Error with NUTS when random variable is used in control flow

I’ve implemented a model (shown below) where the control flow through the program depends on a draw from a Bernoulli random variable. For some reason, when I attempt to do inference using MCMC with a NUTS kernel I get the following runtime error.

RuntimeError: bool value of Tensor with more than one value is ambiguous
Trace Shapes:         
 Param Sites:         
Sample Sites:         
    edge dist        |
        value 2    1 |
   slope dist        |
        value        |
       n dist        |
        value   1000 |

Here is the code that generated the error.

import pyro
import pyro.distributions as dist

from pyro import sample
from pyro.infer.mcmc import MCMC, NUTS

def model(n):
    theta_edge = 0.5
    X_mean = 0
    X_var = 1
    Y_mean = 0
    Y_var = 1
    
    # edge == 1 means Y is a linear function of X with additive gaussian noise.
    
    edge = sample('edge', dist.Bernoulli(theta_edge))
    slope = sample('slope', dist.Normal(0,1))

    with pyro.plate('n', n):
        if edge:
            X = sample('X', dist.Normal(X_mean, X_var))
            Y = sample('Y', dist.Normal(Y_mean + X * slope, Y_var))
        else:
            Y = sample('Y', dist.Normal(Y_mean, Y_var))
            X = sample('X', dist.Normal(X_mean + Y * slope, X_var))
    
    return X, Y, edge

n = 1000
n_steps = 5000
X, Y, edge = model(n)

conditioned_model = pyro.condition(model, data={'X':X, 'Y':Y})
nuts_kernel = NUTS(conditioned_model, adapt_step_size=True)

posterior = MCMC(nuts_kernel, num_samples=n_steps, warmup_steps=200).run(n)

The inference works fine when I use ImportanceSampling. I suspect that this has something to do with the fact that MCMC is expressing edge as a tensor, while importance sampling samples from the prior program without modifying their underlying data type. Is there a way to get NUTS (or any other MCMC method) to work with this kind of program?

I’m happy to additional detail from the error message if that would be helpful.

Thanks!

NUTS cannot be directly used to do inference in models with discrete latent parameters, but what we can do is to integrate out the discrete variables. Pyro does that behind the scenes when it sees a discrete variable in the model. As such, you should try to eliminate the if.. else.. condition (which won’t work because the edge variable is already handling the branching by sampling both 0 and 1, and doesn’t hold a single value).

Not sure about the correctness of the model, and this may fail some other shape checks, but the following code might give you an idea about how to proceed (which I think is equivalent to your conditional statement):

X = sample('X', dist.Normal(X_mean + Y * slope * (1 - edge), X_var)
Y = sample('Y', dist.Normal(Y_mean + X * slope * edge, Y_var )

Thanks for the note about NUTS. As an aside, is there a quick-and-easy way to use proposals sampled from the prior instead of using the NUTS or HMC kernels?

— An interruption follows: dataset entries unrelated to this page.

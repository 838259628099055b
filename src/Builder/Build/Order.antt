-- ===== src/Builder/Build/Order.antt =====
-- Where the kernel's control task stands after a build.
use sputter_os.Prelude.{
  Option-cases, suc, ℕ, ◌+◌, ◌<◌, ◌≤◌, ◌≡◌, refl, sym, ◌∙◌, ap, arith, true, false, List, [], ◌∷◌,
  Option, none, some, ltb, leb, ◌==◌, length, All, Bool-cases, inl, inr, lt→ltb,
}
use sputter_os.Builder.Sort.{effective_priority, sort_tasks}
use sputter_os.Builder.Sort.Stable.{Ascending, of_priority, sort_tasks_stable}
use sputter_os.Builder.Checks.{Pinned, CoreInfo, BuildError}
use sputter_os.Builder.Topology.{
  max_tasks_per_core, prepend_task, on_core, core_has, sort_core, sort_cores,
}
use sputter_os.Builder.Build.{
  Setup, Static, place_tasks, create_kernel, give_monitored, give_clock, give_window, configure,
  conclude, check_and_configure, build,
}

abbrev pub rank : Pinned → ℕ
rank t = effective_priority t.info

module _ {T : Type 0} (priority : T → ℕ) where
  of_priority-none :
      (y : T) (ys : List T)
      → 0 < priority y
      → All (λ z. priority y ≤ priority z) ys
      → of_priority priority 0 ys ≡ []
  unfolding of_priority
  of_priority-none y [] h q = refl
  of_priority-none y (z ∷ zs) h (q, qs) =
      let e : (priority z == 0) ≡ false = ground arith in rw e (of_priority-none y zs h qs)

  -- The first task of priority 0 heads a list in order.
  sorted_head :
      (x : T) (ys rest : List T)
      → Ascending priority ys
      → of_priority priority 0 ys ≡ x ∷ rest
      → (tail : List T) × (ys ≡ x ∷ tail)
  unfolding of_priority Ascending
  sorted_head x [] rest a e = absurd (ground arith)
  sorted_head x (y ∷ ys) rest (q, a) e = elim (Bool-cases (priority y == 0)) [
    | inl z ↦ (ys, ground arith)
    | inr z ↦
        let none_left = of_priority-none y ys (ground arith) q in absurd (ground (arith, none_left))
  ]

  of_priority-hit :
      (x : T) (xs : List T)
      → priority x ≡ 0
      → of_priority priority 0 (x ∷ xs) ≡ x ∷ of_priority priority 0 xs
  unfolding of_priority
  of_priority-hit x xs e = ground (arith, e)

  of_priority-miss :
      (x : T) (xs : List T)
      → priority x ≡ 1
      → of_priority priority 0 (x ∷ xs) ≡ of_priority priority 0 xs
  unfolding of_priority
  of_priority-miss x xs e = ground (arith, e)

prepend_task-room :
    (t : Pinned) (c : CoreInfo)
    → length c.tasks < max_tasks_per_core
    → (prepend_task t c).tasks ≡ t ∷ c.tasks
unfolding prepend_task
prepend_task-room t c h = rw (lt→ltb (length c.tasks) 256 h)

-- The tasks of priority 0 on Core 0, in their order.
abbrev pub AtZero : List Pinned → List CoreInfo → Type 0
AtZero ts [] = ⊥
AtZero ts (c ∷ cs) = of_priority rank 0 c.tasks ≡ ts

-- Core 0 has the task in front.
abbrev pub StartsWith : Pinned → List CoreInfo → Type 0
StartsWith t [] = ⊥
StartsWith t (c ∷ cs) = (ts : List Pinned) × (c.tasks ≡ t ∷ ts)

module _ {C : Type 0} (s : Setup C) (kernel : rank s.control ≡ 0) (second : rank s.comms ≡ 1)
    (c : CoreInfo) (cs : List CoreInfo) (room : length c.tasks + 1 < max_tasks_per_core) where
  control_placed :
      (of_priority rank 0 (prepend_task s.control c).tasks) ≡ s.control ∷ of_priority rank 0 c.tasks
  control_placed =
      rw (prepend_task-room s.control c (omega arith))
        (of_priority-hit rank s.control c.tasks kernel)

  control_behind :
      of_priority rank 0 (prepend_task s.comms (prepend_task s.control c)).tasks
      ≡ s.control ∷ of_priority rank 0 c.tasks
  control_behind =
      let first = prepend_task-room s.control c (omega arith) in
      let c' = prepend_task s.control c in
      let n : length c'.tasks ≡ suc (length c.tasks) = ap length first in
      rw (prepend_task-room s.comms c' (omega arith))
        (of_priority-miss rank s.comms c'.tasks second ∙ control_placed)

  control_before :
      of_priority rank 0 (prepend_task s.control (prepend_task s.comms c)).tasks
      ≡ s.control ∷ of_priority rank 0 c.tasks
  control_before =
      let first = prepend_task-room s.comms c (omega arith) in
      let c' = prepend_task s.comms c in
      let n : length c'.tasks ≡ suc (length c.tasks) = ap length first in
      rw (prepend_task-room s.control c' (omega arith)) (
        of_priority-hit rank s.control c'.tasks kernel
        ∙ ap (λ l. s.control ∷ of_priority rank 0 l) first
        ∙ ap (λ l. s.control ∷ l) (of_priority-miss rank s.comms c.tasks second))

  -- The control task comes to stand before what Core 0 has of priority 0.
  pub place_tasks-AtZero : AtZero (s.control ∷ of_priority rank 0 c.tasks) (place_tasks s (c ∷ cs))
  unfolding place_tasks on_core
  place_tasks-AtZero = elim (Bool-cases (leb 2 s.core_count)) [
    | inl multi ↦ elim (Bool-cases (core_has (λ c. c.is_crunch) 1 (c ∷ cs))) [
      | inl crunch ↦ rw (multi, crunch) control_behind
      | inr flat ↦ rw (multi, flat) control_placed
    ]
    | inr single ↦ rw single control_before
  ]

pub sort_cores-AtZero :
    (dflt : Pinned) (ts : List Pinned) (cores : List CoreInfo)
    → AtZero ts cores
    → AtZero ts (sort_cores dflt cores)
unfolding sort_cores sort_core
sort_cores-AtZero dflt ts [] h = h
sort_cores-AtZero dflt ts (c ∷ cs) h = (sort_tasks_stable rank dflt c.tasks).1 0 ∙ h

sort_cores-StartsWith :
    (dflt t : Pinned) (ts : List Pinned) (cores : List CoreInfo)
    → AtZero (t ∷ ts) cores
    → StartsWith t (sort_cores dflt cores)
unfolding sort_cores sort_core
sort_cores-StartsWith dflt t ts [] h = h
sort_cores-StartsWith dflt t ts (c ∷ cs) h =
    let (ascends, same) = sort_tasks_stable rank dflt c.tasks in
    sorted_head rank t (sort_tasks rank dflt c.tasks) ts ascends (same 0 ∙ h)

module _ {F C : Type 0} (to_float : ℕ → F) (divide : F → F → F) (dflt : Pinned) (s : Setup C) where
  configure-cores : (b : Static F C) → (configure to_float s b).cores ≡ b.cores
  unfolding configure give_window give_clock give_monitored
  configure-cores b = ground arith

  conclude-cores :
      (error : Option BuildError) (b : Static F C) → (conclude to_float s error b).1.cores ≡ b.cores
  unfolding conclude
  conclude-cores none b = configure-cores b
  conclude-cores (some e) b = refl

  -- The validations and the wiring leave the sorted cores as they are.
  pub check_and_configure-cores :
      (b : Static F C)
      → (check_and_configure to_float divide dflt s b).1.cores ≡ sort_cores dflt b.cores
  unfolding check_and_configure
  check_and_configure-cores b = conclude-cores _ _

  pub create_kernel-cores :
      (b created : Static F C)
      → s.has_app ≡ true
      → create_kernel s b ≡ some created
      → created.cores ≡ place_tasks s b.cores
  unfolding create_kernel
  create_kernel-cores b created app e =
      elim (Bool-cases (ltb (length b.background) s.max_background)) [
        | inl room ↦ ground (arith, app, room)
        | inr full ↦ absurd (ground (arith, app, full))
      ]

  -- What a build that was not refused at once has done.
  pub build_cases :
      (b b' : Static F C) (r : Option BuildError)
      → b.is_built ≡ false
      → build to_float divide dflt s b ≡ some (r, b')
      → (created : Static F C) × (create_kernel s b ≡ some created)
        × (check_and_configure to_float divide dflt s created ≡ (r, b'))
  unfolding build
  build_cases b b' r new e = elim (Option-cases (create_kernel s b)) [
    | inl k ↦ absurd (ground (arith, new, k))
    | inr (created, k) ↦ (created, k, ground (arith, new, k))
  ]

  pub build-cores :
      (b b' created : Static F C) (r : Option BuildError)
      → check_and_configure to_float divide dflt s created ≡ (r, b')
      → b'.cores ≡ sort_cores dflt created.cores
  build-cores b b' created r done =
      ap (λ x. x.1.cores) (sym done) ∙ check_and_configure-cores created

  -- When an application is given, Core 0 has room for two more tasks, and the control task has priority
  -- 0 and the communication task 1, then after the build Core 0 has the control task in front of all
  -- others, also of user tasks of priority 0.
  pub control_task_first :
      (b b' : Static F C) (r : Option BuildError) (c : CoreInfo) (cs : List CoreInfo)
      → s.has_app ≡ true
      → rank s.control ≡ 0
      → rank s.comms ≡ 1
      → b.cores ≡ c ∷ cs
      → length c.tasks + 1 < max_tasks_per_core
      → b.is_built ≡ false
      → build to_float divide dflt s b ≡ some (r, b')
      → StartsWith s.control b'.cores
  control_task_first b b' r c cs app kernel second here room new e =
      let (created, k, done) = build_cases b b' r new e in
      let placed = create_kernel-cores b created app k in
      rw (build-cores b b' created r done, placed, here)
        (sort_cores-StartsWith dflt s.control (of_priority rank 0 c.tasks) (place_tasks s (c ∷ cs))
          (place_tasks-AtZero s kernel second c cs room))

Unfortunately, your code snippet fails because the variable Y is referenced before assignment. I don’t see a way around this, but I’m certainly appreciative of the suggestion.

As an aside, is there a quick-and-easy way to use proposals sampled from the prior instead of using the NUTS or HMC kernels?

The simplest way would be to just run your model as follows which should give you traces from the prior. That should contain all the samples from your sites stored within the trace data structure.

from pyro import poutine

traces = []
for _ in range(100):
    traces.append(poutine.trace(model).get_trace(n))

Or you could define your own “prior kernel” like in this test, though I am unsure how useful that would be. Note that this wouldn’t replicate the way discrete sites are handled inside HMC/NUTS and your sample shapes from the trace will be different.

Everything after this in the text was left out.